Miré a mi alrededor y me sorprendí.

Me encontraba en la habitación de lo que parecía una casa enorme, a juzgar por el tamaño de la misma. Juraría que no había estado nunca en ella y, lo más curioso y a la vez súper extraño, es que no recordaba cómo había llegado hasta allí, ni para qué.

Mire en derredor y comprobé que no estaba sola, sino que me encontraba acompañada por mi amiga Bella, Edward Masen, Emmett McCarty, y los gemelos Rosalie y Jasper Hale. La presencia de Bella me la explicaba pero, ¿y los demás?
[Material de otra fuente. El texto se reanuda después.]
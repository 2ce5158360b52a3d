-- ===== src/Adapters/MemoryGraph/Types.antt =====
-- The types of src/adapters/memory_graph.rs. `F` is the type of f64 and `Json` that of JSON
-- values; times are nanoseconds since the epoch.
use analytics_hub.Prelude.{ℕ, String, Option, Bool, List}
use analytics_hub.Prelude.Int.{ℤ}
use analytics_hub.Prelude.Dict.{Dict}

pub record MemoryGraphConfig : Type 0 where
  pub endpoint : String
  pub api_key : Option String
  pub timeout_secs : ℕ

pub data NodeType : Type 0 where
  user_message assistant_response system_prompt tool_call tool_result context_injection summary :
      NodeType

pub record LineageNode (Json : Type 0) : Type 0 where
  pub node_id : String
  pub node_type : NodeType
  pub created_at : ℤ
  pub content_hash : String
  pub token_count : ℕ
  pub attributes : Dict Json

pub data EdgeType : Type 0 where
  follows references summarizes derived_from tool_invocation : EdgeType

pub record LineageEdge (F : Type 0) : Type 0 where
  pub edge_id : String
  pub source_node_id : String
  pub target_node_id : String
  pub edge_type : EdgeType
  pub weight : F
  pub created_at : ℤ

pub record LineageMetadata (F : Type 0) : Type 0 where
  pub total_tokens : ℕ
  pub total_interactions : ℕ
  pub active_branches : ℕ
  pub compression_ratio : F

pub record ContextLineage (F : Type 0) (Json : Type 0) : Type 0 where
  pub lineage_id : String
  pub root_context_id : String
  pub created_at : ℤ
  pub depth : ℕ
  pub nodes : List (LineageNode Json)
  pub edges : List (LineageEdge F)
  pub metadata : LineageMetadata F

pub record GraphStatistics (F : Type 0) : Type 0 where
  pub node_count : ℕ
  pub edge_count : ℕ
  pub avg_degree : F
  pub clustering_coefficient : F
  pub diameter : ℕ
  pub density : F

pub record TopicCluster (F : Type 0) : Type 0 where
  pub cluster_id : String
  pub topic : String
  pub relevance_score : F
  pub node_ids : List String
  pub keywords : List String

pub record EntityReference : Type 0 where
  pub entity_id : String
  pub entity_type : String
  pub name : String
  pub first_mentioned : ℤ
  pub mention_count : ℕ
  pub node_ids : List String

pub record InteractionGraph (F : Type 0) : Type 0 where
  pub graph_id : String
  pub session_id : String
  pub created_at : ℤ
  pub last_updated : ℤ
  pub statistics : GraphStatistics F
  pub topics : List (TopicCluster F)
  pub entities : List EntityReference

pub data MemoryType : Type 0 where
  short_term long_term working episodic semantic : MemoryType

pub record ActiveMemory (F : Type 0) : Type 0 where
  pub memory_id : String
  pub memory_type : MemoryType
  pub content_preview : String
  pub token_count : ℕ
  pub relevance_score : F
  pub last_accessed : ℤ
  pub access_count : ℕ

pub record RetrievalStats (F : Type 0) : Type 0 where
  pub total_retrievals : ℕ
  pub avg_latency_ms : F
  pub cache_hit_rate : F
  pub relevance_avg : F

pub record MemorySnapshot (F : Type 0) : Type 0 where
  pub snapshot_id : String
  pub session_id : String
  pub created_at : ℤ
  pub context_window_tokens : ℕ
  pub summarized_tokens : ℕ
  pub active_memories : List (ActiveMemory F)
  pub retrieval_stats : RetrievalStats F

pub record LineageQuery : Type 0 where
  pub context_id : Option String
  pub session_id : Option String
  pub start_time : Option ℤ
  pub end_time : Option ℤ
  pub min_depth : Option ℕ
  pub max_depth : Option ℕ
  pub include_content : Bool

pub record MemoryEfficiency (F : Type 0) : Type 0 where
  pub avg_compression_ratio : F
  pub cache_hit_rate : F
  pub retrieval_latency_p50_ms : F
  pub retrieval_latency_p99_ms : F

pub record GraphAnalytics (F : Type 0) : Type 0 where
  pub period_start : ℤ
  pub period_end : ℤ
  pub total_sessions : ℕ
  pub total_nodes_created : ℕ
  pub total_edges_created : ℕ
  pub avg_session_depth : F
  pub avg_session_tokens : F
  pub top_topics : List String
  pub memory_efficiency : MemoryEfficiency F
A Masen apenas le conocía como el chico más popular de todo Forks y a McCarty lo acababa de conocer en el despacho del director… ¿Y esa? Otra chica se ocultaba tras Jasper Hale… No alcancé a verla al principio ya que era pequeña…

-¡Ah!- mi chillido se debía de haber odio hasta el la otra punta de aquella enorme mansión, pero sin embargo ninguno de los allí presentes se inmutó.

Yo seguía sin salir de mi asombro. ¿Aquella chica era yo? Pero cómo podía estar viéndome a mi misma. Es decir, yo estoy aquí ahora, ¿qué hago entonces dos metros más allá? ¡No tiene explicación! No tengo ninguna gemela perdida, creo…

-Confiábamos en vosotros, especialmente en ti, Alice- una voz masculina me sacó de mi ensimismamiento. Un hombre estaba junto a la mujer que había hablado al principio, pero no había reparado en él. Lucía un aspecto impecable, al igual que la dama, con un pelo rubio ceniza engominado y una cálida sonrisa en los labios. ¿Me hablaba a mí? A no, claro, a la otra Alice.

Ésta se sonrojó ante tal alabanza y desvió la mirada hacia el suelo avergonzada.

-Sabíamos que nos encontraríais gracias a tus visiones- le dijo con una dulzura desbordante en los ojos, la mujer castaña a mi otra yo (¿dije otra yo? ¡Ay, que dolor de cabeza!).

-Alice… Alice…

Escuché mi nombre en susurros, en la lejanía… ¿No lo había pronunciado nadie de los presentes en la sala?

-¡Alice!- y esta vez un zarandeo acompañó a lo que dejó de ser un susurro y se convirtió en un grito.

Di un respingo y me incorporé de pronto. Me di cuenta de que volvía a estar de nuevo en el despacho del director y de que su secretaria me miraba con cara de pocos amigos.

-¿Le ocurre algo señorita Brandon?

-Eh… No nada, gracias- le contesté confundida.

Miré hacia abajo y me topé con la mirada inquisidora de Bella. Volví a tomar asiento a su lado y traté de serenarme. Aquello había sido muy raro. ¿Me había quedado durmiendo mientras esperaba?

-¿Alice? ¿Qué te ha pasado?- me preguntó preocupada.

-Pues no sé. ¿Qué me pasó?- le pregunté yo a ella.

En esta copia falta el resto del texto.